The Merrill Moore Papers contains material written 1929-1987 relating to Merrill Moore’s life and literary career, including material compiled and added to the collection by Stuart Wright. The material covers most of his career and includes posthumous material. The material is especially helpful for documenting Moore’s relationships with John Ciardi, Richard Ghormley Eberhart and John Crowe Ransom, and to the origin and development of his literary ideas and style.
The Merrill Moore Papers are arranged in original order in two series.

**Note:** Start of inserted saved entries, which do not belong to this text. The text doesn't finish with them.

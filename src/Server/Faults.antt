-- ===== src/Server/Faults.antt =====
-- Where the handlers of src/server/server_connection.cpp fail: a truncated SOCKS5 request, and reads
-- that have to be tried again.
use yass.Common.{ℕ, ◌+◌, ◌<◌, ◌≡◌, ap, ◌∙◌, inl, inr, arith, true, none, some, Mem}
use yass.Address.{domain}
use yass.Handshake.{ErrorCode, is_retry, View, size, advance, failed}
use yass.Socks5.{request_length}
use yass.Socks5.Parsing.{parse_head, parse_variable_domain, domain_request, length-domain_request}
use yass.Server.{
  Server, Task, read_handshake_via_socks, read_username_password_auth, read_handshake_via_socks5,
  disconnected, on_disconnect, on_socks5_request, on_socks4_request, accept_socks4, with_domain,
  readable, step, dispatch, on_read_handshake_via_socks, on_received, with_pending, start_auth,
  on_read_username_password_auth, on_read_handshake_via_socks5, is_empty,
}

pub advance-beyond : (n : ℕ) (b : View) → b.capacity < b.offset + n → advance n b ≡ none
unfolding advance
advance-beyond n b h = ground arith

-- A SOCKS5 request for a domain name that lacks only its last byte ends the process: the parser
-- accepts it, with a length of one byte more than the buffer has, and `set_offset` fails its CHECK.
pub truncated_request_aborts :
    (b : View) (s : Server)
    → b.mem b.offset ≡ 5
    → b.mem (b.offset + 3) ≡ domain
    → 0 < b.mem (b.offset + 4)
    → b.capacity + 1 ≡ b.offset + 7 + b.mem (b.offset + 4)
    → on_socks5_request b s ≡ none
unfolding on_socks5_request
truncated_request_aborts b s v t l e =
    let r = domain_request b.mem b.offset (b.offset + 4) in
    let long : request_length r ≡ 7 + b.mem (b.offset + 4) =
      length-domain_request b.mem b.offset (b.offset + 4) t in
    let parsed =
      parse_head b.mem b.offset b.capacity v (inr (inl (t, omega arith)))
      ∙ parse_variable_domain b.mem b.offset (b.offset + 4) b.capacity t (omega arith) in
    rw (parsed, advance-beyond (request_length r) b (omega (arith, long)))

step-at : (s : Server) (t : Task) (e : yass.Server.Event) → s.task ≡ t → step e s ≡ dispatch t e s
unfolding step
step-at s t e h = ap (λ (k : Task). dispatch k e s) h

module _ (s : Server) (stale : Mem) (ec : ErrorCode) (b : View)
    (pending : s.handshake_pending_buf ≡ some b) (drained : size b ≡ 0) where
  -- A read of the user name and password that finds nothing on the socket dereferences a null
  -- pointer: the pending buffer was moved out before, and `ReadSocks5UsernamePasswordAuth` looks
  -- into it again.
  pub auth_would_block :
      s.task ≡ read_username_password_auth
      → is_retry ec ≡ true
      → step (readable stale (failed ec)) s ≡ none
  unfolding dispatch on_read_username_password_auth with_pending on_received start_auth
  auth_would_block t r =
      step-at s read_username_password_auth (readable stale (failed ec)) t
      ∙ rw (pending, drained, r)

  -- A read of the request that finds nothing on the socket starts the handshake again: the next
  -- bytes, which are the client's request, are read as a method selection.
  pub request_would_block :
      s.task ≡ read_handshake_via_socks5
      → is_retry ec ≡ true
      → step (readable stale (failed ec)) s
        ≡ some (record s { handshake_pending_buf = none; task = read_handshake_via_socks })
  unfolding dispatch on_read_handshake_via_socks5 with_pending on_received
  request_would_block t r =
      step-at s read_handshake_via_socks5 (readable stale (failed ec)) t ∙ rw (pending, drained, r)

Series 1: Correspondence and Manuscript Materials contains correspondence with Richard Ghormley Eberhart and John Ciardi and magazine articles, documenting Moore’s relationships with Eberhart and Ciardi and his medical service at Massachusetts General Hospital and as a psychiatrist during World War II in the South Pacific, 1943-1957. Series one is contained in Box 1.a-1.d
Series 2: Loose Manuscripts Transferred from Stuart Wright Book Collection contains loose manuscript materials transferred from the books relating to Merrill Moore in the Stuart Wright Book Collection. The material consists of notes, cards, correspondence, clippings, periodicals, photographic prints, printed poems, ephemera, etc., 1929-1955 that either Moore or Stuart Wright interfiled in the books. It includes a news release on the publication of Clinical Sonnets that includes a biographical sketch of Moore’s career to 1949. They include notes and bookmarks inserted by Moore, Stuart Wright, and others; including notes, cards, correspondence, clippings, advertising, photographic prints, reviews, ephemera, etc. relating to the published works. Several of them relate to his friend Richard Ghormley Eberhart. Of particular interest is Moore’s Christmas Letter written to Eberhart in December, 1943, from "Somewhere in the South Pacific". It describes Moore's World War II military service, the conditions he encountered, and in which he describes Eleanor Roosevelt’s visit to the front. Also included is an undated x-ray photograph of Merrill Moore’s skull which he used to publicize The Noise that Time Makes (1929), and which he inscribed to John Crowe Ransom. Two items relate to Lewis Leary and John Crowe Ransom. The loose manuscripts are linked to the book of origin by their Stuart Wright Book Collection Number (e.g. Stuart Wright Book Collection #38.04). Series two is contained in Box 1.e – 1.j.
Note to Researchers: Series 2: Loose Manuscripts Transferred from the Stuart Wright Book Collection consists of items found laid in works in the Stuart Wright Book Collection by, about, associated with, or owned by Merrill Moore. They include notes and bookmarks inserted by Moore, Stuart Wright, and others; also notes, cards, correspondence, clippings, advertising, reviews, ephemera, etc. relating to his published works. The loose manuscripts are linked to the books from which they came by their Stuart Wright Book Collection Number (e.g. Stuart Wright Book Collection #40.15).